Summary: How ARIMA and GARCH Divide the Work

https://yuhi-sa.github.io/en/posts/20260226_arima/1/ and this article are complementary.

ModelTargetStructure captured
ARIMAMean \(E[r_t]\)Autoregression / moving average (predictability of the level)
GARCHConditional variance \(\text{Var}[r_t \mid \mathcal{F}_{t-1}]\)Volatility clustering (predictability of risk)

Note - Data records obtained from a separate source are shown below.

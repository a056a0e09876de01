-- ===== src/Agent/Types.antt =====
-- The data of internal/agent/investigator.go and findings.go. Token counts and costs are sums of
-- at most 56 turns of int32 counts, far below the range of int64, so they are natural numbers.
use kube_cure.Prelude.{ℕ, ℤ, Bool, Option, List}
use kube_cure.Text.{Text, codes}
use kube_cure.Json.{RawMessage}
use kube_cure.Api.Failure.{Action}

pub record Budget : Type 0 where
  pub max_tool_calls : ℕ
  pub max_tokens : ℕ
  pub max_cost_micro_usd : ℕ
  pub timeout : ℕ

pub record Pricing : Type 0 where
  pub input_micro_usd_per_million : ℕ
  pub output_micro_usd_per_million : ℕ

pub record BaselineItem : Type 0 where
  pub id : Text
  pub kind : Text
  pub excerpt : Text

-- `satisfied_by` is `none` for a nil function.
pub record Requirement : Type 0 where
  pub kind : Text
  pub tool : Text
  pub collected : Bool
  pub obtainable : Bool
  pub satisfied_by : Option (Text → RawMessage → Bool)

pub record Input : Type 0 where
  pub failure_type : Text
  pub namespace : Text
  pub workload : Text
  pub container : Text
  pub facts : List Text
  pub baseline : List BaselineItem
  pub requirements : List Requirement
  pub allowed_actions : List Text
  pub budget : Budget
  pub pricing : Pricing

pub record Hypothesis : Type 0 where
  pub id : Text
  pub rank : ℕ
  pub root_cause : Text
  pub confidence_percent : ℤ
  pub evidence_citations : List Text
  pub proposed_actions : List Action

-- The strings that `StopReason` takes.
pub data StopReason : Type 0 where
  unset concluded wall_clock tokens cost turn_limit : StopReason

unfoldable pub stop_text : StopReason → Text
stop_text StopReason.unset = codes ""
stop_text StopReason.concluded = codes "concluded"
stop_text StopReason.wall_clock = codes "wall clock budget exhausted"
stop_text StopReason.tokens = codes "token budget exhausted"
stop_text StopReason.cost = codes "cost budget exhausted"
stop_text StopReason.turn_limit = codes "turn limit reached without a valid conclusion"

pub record Findings : Type 0 where
  pub hypotheses : List Hypothesis
  pub tool_calls : ℕ
  pub turns : ℕ
  pub tokens : ℕ
  pub cost_micro_usd : ℕ
  pub cost_known : Bool
  pub duration : ℕ
  pub budget_exhausted : Bool
  pub degraded : Bool
  pub missing_required : List Text
  pub stop_reason : StopReason
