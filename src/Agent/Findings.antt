-- ===== src/Agent/Findings.antt =====
-- internal/agent/findings.go: a submission is decoded, checked against the evidence gathered, and
-- ranked. `sort.SliceStable` is the stable insertion sort.
use kube_cure.Prelude.{
  ℕ, suc, ◌+◌, ℤ, pos, ltb_ℤ, Bool, true, false, not, ◌||◌, Option, none, some, List, [], ◌∷◌, ◌++◌,
  length, ltb, ◌==◌, map, if◌then◌else◌,
}
use kube_cure.Text.{Text, codes, text_eq, is_empty, trim_space, show_nat, quote}
use kube_cure.Json.{
  Json, RawMessage, unknown_field, Decoded, decoded, invalid, ◌>>=◌, same_key, decode_string,
  decode_int, decode_struct, decode_slice, decode_first, json_error_text,
}
use kube_cure.Api.Failure.{Action}
use kube_cure.Agent.Types.{Hypothesis}

abbrev pub max_hypotheses : ℕ
max_hypotheses = 5

abbrev pub root_cause_limit : ℕ
root_cause_limit = 2048

abbrev pub action_value_limit : ℕ
action_value_limit = 253

abbrev pub degraded_confidence_cap : ℤ
degraded_confidence_cap = pos 70

-- An element of `submission.Hypotheses`.
pub record RawHypothesis : Type 0 where
  pub root_cause : Text
  pub confidence_percent : ℤ
  pub evidence_citations : List Text
  pub proposed_actions : List Action

unfoldable pub decode_text : Json → Decoded Text
decode_text j = decode_string j []

unfoldable pub action_field : Text → Json → Action → Decoded Action
action_field key v a =
    if same_key key (codes "type")
    then (do t ← decode_string v a.type; decoded (record a { type = t }))
    else if same_key key (codes "container")
    then (do t ← decode_string v a.container; decoded (record a { container = t }))
    else if same_key key (codes "value")
    then (do t ← decode_string v a.value; decoded (record a { value = t }))
    else invalid (unknown_field key)

unfoldable pub decode_action : Json → Decoded Action
unfolding action_field
decode_action j = decode_struct action_field j (record { type = []; container = []; value = [] })

unfoldable pub hypothesis_field : Text → Json → RawHypothesis → Decoded RawHypothesis
unfolding decode_text decode_action
hypothesis_field key v h =
    if same_key key (codes "rootCause")
    then (do t ← decode_string v h.root_cause; decoded (record h { root_cause = t }))
    else if same_key key (codes "confidencePercent")
    then (do n ← decode_int v h.confidence_percent; decoded (record h { confidence_percent = n }))
    else if same_key key (codes "evidenceCitations")
    then (do ts ← decode_slice decode_text v; decoded (record h { evidence_citations = ts }))
    else if same_key key (codes "proposedActions")
    then (do ts ← decode_slice decode_action v; decoded (record h { proposed_actions = ts }))
    else invalid (unknown_field key)

unfoldable pub decode_hypothesis : Json → Decoded RawHypothesis
unfolding hypothesis_field
decode_hypothesis j = decode_struct hypothesis_field j (record {
  root_cause = [];
  confidence_percent = pos 0;
  evidence_citations = [];
  proposed_actions = [];
})

unfoldable pub submission_field : Text → Json → List RawHypothesis → Decoded (List RawHypothesis)
unfolding decode_hypothesis
submission_field key v hs =
    if same_key key (codes "hypotheses")
    then decode_slice decode_hypothesis v
    else invalid (unknown_field key)

unfoldable pub decode_submission : RawMessage → Decoded (List RawHypothesis)
unfolding submission_field
decode_submission arguments = decode_first (decode_struct submission_field) arguments []

-- A map from identifiers to kinds, the latest entry first.
unfoldable pub ledger_get : Text → List (Text × Text) → Option Text
ledger_get id [] = none
ledger_get id ((key, kind) ∷ rest) = if text_eq key id then some kind else ledger_get id rest

unfoldable pub in_ledger : List (Text × Text) → Text → Bool
in_ledger ledger id = elim (ledger_get id ledger) [ some kind ↦ true | none ↦ false ]

-- `map[string]bool` with an entry for each permitted action.
unfoldable pub is_allowed : List Text → Text → Bool
is_allowed [] a = false
is_allowed (x ∷ xs) a = text_eq x a || is_allowed xs a

-- `if b { problems = append(problems, text) }`
abbrev pub complain : Bool → Text → List Text
complain true text = text ∷ []
complain false text = []

abbrev pub no_citation : List Text → Bool
no_citation [] = true
no_citation (c ∷ cs) = false

module _ (label : Text) where
  unfoldable pub cause_problems : Text → List Text
  cause_problems cause =
      if is_empty cause
      then (label ++ codes " has no root cause") ∷ []
      else complain (ltb root_cause_limit (length cause)) (
          label ++ codes " root cause exceeds " ++ show_nat root_cause_limit ++ codes " characters")

  unfoldable pub citation_problems : List (Text × Text) → List Text → List Text
  citation_problems ledger [] = []
  citation_problems ledger (c ∷ cs) =
      complain (not (in_ledger ledger c)) (
        label
        ++ codes " cites "
        ++ quote c
        ++ codes ", which does not exist; cite only identifiers from the evidence")
      ++ citation_problems ledger cs

  unfoldable pub action_problems : List Text → List Action → List Text
  action_problems allowed [] = []
  action_problems allowed (a ∷ rest) =
      complain (not (is_allowed allowed a.type))
        (label ++ codes " proposes unknown action type " ++ quote a.type)
      ++ (complain (ltb action_value_limit (length a.value)) (
            label
            ++ codes " action value exceeds "
            ++ show_nat action_value_limit
            ++ codes " characters")
          ++ action_problems allowed rest)

  unfoldable pub hypothesis_problems : List (Text × Text) → List Text → RawHypothesis → List Text
  unfolding cause_problems citation_problems action_problems
  hypothesis_problems ledger allowed h =
      cause_problems (trim_space h.root_cause)
      ++ (complain (ltb_ℤ h.confidence_percent (pos 0) || ltb_ℤ (pos 100) h.confidence_percent)
            (label ++ codes " confidence must be between 0 and 100")
          ++ (complain (no_citation h.evidence_citations)
                (label ++ codes " cites no evidence; every hypothesis must cite what supports it")
              ++ (citation_problems ledger h.evidence_citations
                  ++ action_problems allowed h.proposed_actions)))

unfoldable pub dedupe_from : List Text → List Text → List Text
dedupe_from seen [] = []
dedupe_from seen (s ∷ rest) =
    let fresh = not (is_allowed seen s) in
    let later = dedupe_from (if fresh then s ∷ seen else seen) rest in
    if fresh then s ∷ later else later

unfoldable pub dedupe : List Text → List Text
unfolding dedupe_from
dedupe items = dedupe_from [] items

-- The problems of all the hypotheses, numbered from `i + 1`.
unfoldable pub problems_from : ℕ → List (Text × Text) → List Text → List RawHypothesis → List Text
problems_from i ledger allowed [] = []
problems_from i ledger allowed (h ∷ hs) =
    hypothesis_problems (codes "hypothesis " ++ show_nat (i + 1)) ledger allowed h
    ++ problems_from (suc i) ledger allowed hs

unfoldable pub to_hypothesis : RawHypothesis → Hypothesis
to_hypothesis h = record {
  id = [];
  rank = 0;
  root_cause = trim_space h.root_cause;
  confidence_percent = h.confidence_percent;
  evidence_citations = dedupe h.evidence_citations;
  proposed_actions = h.proposed_actions;
}

unfoldable pub insert_ranked : Hypothesis → List Hypothesis → List Hypothesis
insert_ranked h [] = h ∷ []
insert_ranked h (x ∷ xs) =
    if ltb_ℤ h.confidence_percent x.confidence_percent then x ∷ insert_ranked h xs else h ∷ x ∷ xs

unfoldable pub sort_hypotheses : List Hypothesis → List Hypothesis
unfolding insert_ranked
sort_hypotheses [] = []
sort_hypotheses (h ∷ hs) = insert_ranked h (sort_hypotheses hs)

-- Identifiers and ranks, from `i + 1`.
unfoldable pub number_from : ℕ → List Hypothesis → List Hypothesis
number_from i [] = []
number_from i (h ∷ hs) =
    record h { id = 72 ∷ show_nat (i + 1); rank = i + 1 } ∷ number_from (suc i) hs

unfoldable pub rank : List Hypothesis → List Hypothesis
rank hypotheses = number_from 0 (sort_hypotheses hypotheses)

unfoldable pub cap_confidence : ℤ → List Hypothesis → List Hypothesis
cap_confidence ceiling [] = []
cap_confidence ceiling (h ∷ hs) =
    (if ltb_ℤ ceiling h.confidence_percent then record h { confidence_percent = ceiling } else h)
    ∷ cap_confidence ceiling hs

pub data Validated : Type 0 where
  valid : List Hypothesis → Validated
  problems : List Text → Validated

unfoldable pub submission_problems : List (Text × Text) → List Text → List RawHypothesis → List Text
unfolding problems_from
submission_problems ledger allowed hs =
    complain (length hs == 0) (codes "submit at least one hypothesis")
    ++ (complain (ltb max_hypotheses (length hs))
          (codes "submit at most " ++ show_nat max_hypotheses ++ codes " hypotheses")
        ++ problems_from 0 ledger allowed hs)

unfoldable pub validate_submission : RawMessage → List (Text × Text) → List Text → Validated
validate_submission arguments ledger allowed = elim (decode_submission arguments) [
  | invalid e ↦
      problems
        ((codes "the submission is not valid against the schema: " ++ json_error_text e) ∷ [])
  | decoded hs ↦ elim (submission_problems ledger allowed hs) [
    | [] ↦ valid (rank (map to_hypothesis hs))
    | p ∷ ps ↦ problems (p ∷ ps)
  ]
]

In practice, combining both into an ARIMA-GARCH model (ARIMA for the mean, GARCH for the residual variance) is the standard starting point for financial time-series analysis.

References

  • Bollerslev, T. (1986). Generalized autoregressive conditional heteroskedasticity. Journal of Econometrics, 31(3), 307-327.
  • Engle, R. F. (1982). Autoregressive conditional heteroscedasticity with estimates of the variance of United Kingdom inflation. Econometrica, 50(4), 987-1007.
  • Sheppard, K., et al. ARCH: Autoregressive Conditional Heteroskedasticity Models in Python (arch library documentation).
  • Ljung, G. M., & Box, G. E. P. (1978). On a measure of lack of fit in time series models. Biometrika, 65(2), 297-303.